Following my graduation, I spent ten years working with Hospice helping the families prior to their loss and then months after. What I realized in doing this was that every time I helped someone else, I saw that I was actually healing a little bit myself. I felt that my selfless acts were something Jeremy would have done with his friends, and I felt like I was paying it forward and honoring him. After working for a few years at a hospice, the company agreed to help me to publish that book. When that first copy came off the machine, it was like giving birth to Jeremy all over again.
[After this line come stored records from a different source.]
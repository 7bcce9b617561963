-- ===== src/Batch/Graph.antt =====
-- The transition diagram of a batch.
use poly_zq_trading.Prelude.{◌≡◌, Bool, true, false, refl}
use poly_zq_trading.Domain.Enums.{
  BatchState, idle, qualified, zq_submitted, zq_partial, cancel_pending, poly_hedge_pending,
  partially_hedged, hedged, complete, recovery, halted, halted_manual,
}
use poly_zq_trading.Batch.Machine.{is_allowed}

-- A chain of allowed transitions.
pub data Leads : BatchState → BatchState → Type 0 where
  here : {s : BatchState} → Leads s s
  then : {s t u : BatchState} → is_allowed s t ≡ true → Leads t u → Leads s u

-- No state is a dead end: the table leads from each state back to `idle`.
pub Leads-idle : (s : BatchState) → Leads s idle
unfolding is_allowed
Leads-idle idle = here
Leads-idle qualified = then {t = idle} refl here
Leads-idle zq_submitted = then {t = complete} refl (then {t = idle} refl here)
Leads-idle zq_partial = then {t = recovery} refl (then {t = idle} refl here)
Leads-idle cancel_pending = then {t = recovery} refl (then {t = idle} refl here)
Leads-idle poly_hedge_pending = then {t = recovery} refl (then {t = idle} refl here)
Leads-idle partially_hedged =
    then {t = hedged} refl (then {t = recovery} refl (then {t = idle} refl here))
Leads-idle hedged = then {t = recovery} refl (then {t = idle} refl here)
Leads-idle complete = then {t = idle} refl here
Leads-idle recovery = then {t = idle} refl here
Leads-idle halted = then {t = recovery} refl (then {t = idle} refl here)
Leads-idle halted_manual = then {t = recovery} refl (then {t = idle} refl here)

-- The states that only a submitted or recovered entry can be in.
abbrev pub has_exposure : BatchState → Bool
has_exposure idle = false
has_exposure qualified = false
has_exposure halted = false
has_exposure _ = true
It was saying to my heart that losing my son was not going to go unnoticed and I could find good in such as loss.

November Morning shares my experience of losing Jeremy and how I came to understand that I could offer hope to others after they suffered a loss. Filled with writing prompts based on my letters, Hospice and I published a second book Writing Through your Grief that offers those prompts to others. Both are on Amazon and on my website.

Jeremy’s spirit has been with me since the very beginning, and he showed himself in so many ways that were only him. When I used to visit the cemetery every time I would arrive, a song that Jeremy liked would come on the radio. I would sit and sing at the top of my lungs next to his marker and say how much I missed him and how unfair it was that he was gone. I would then thank you for sending me a song acknowledging that he knew that I was there visiting. Music was very important to Jeremy he was in chorus and did a lot of the technical work behind the scenes on various plays. One of the musicals he was in was Phantom of the Opera. He was so excited the night he got to go see the actual play and was dressed in a tux along with his high school girlfriend in a beautiful dress. One of the songs from the musical is called “Think of Me” and continues to show up on Pandora when I’m lying in the wee hours of the morning or getting ready to start my day.

It’s like he says, “Good Morning Mom” and I silently hug him. When I was attending college and working on my degree Jeremy had decided that the walls of the high school were confining and wanted to take his GED early. He passed it on the very first try and earn his diploma. While speaking to a friend of mine, I mentioned how proud I was of Jeremy to have earned his degree and the woman laughed and said that’s exactly what Jeremy said about you earning your degree.

Twenty-four years have passed since that terrible phone call in the middle of the night. When asked what I would say to a new person who is grieving I would respond with these words:

Allow yourself to feel your pain, allow yourself to feel your memories, and allow yourself to feel your love. It’s not going to be easy; it will come in waves and something I call “grief bubbles” with come alone unexpectantly. Don’t hold them inside and talk about them with others. I have learned that by giving my pain up to helping others my pain lessened. I have spoken at an organization called Compassionate Friends, which is and non-profit organization for people who have lost a child or grandchild.

I have written several books on grief in an effort to normalize the emotions and take the fear of sharing your pain with others. Visit my website and let me know how you’re doing. It is when we share in our grief together that we begin to heal.

It’s important to understand that working through your grief does not mean it’s going to go away, it does not mean you will forget them, and certainly does not mean you will ever stop missing them. What it does mean is if you are willing to allow it to, it can mean you are finding a way to honor the love you had with your loved one and to make sure that they will remain a part of your future memories and comforting thoughts.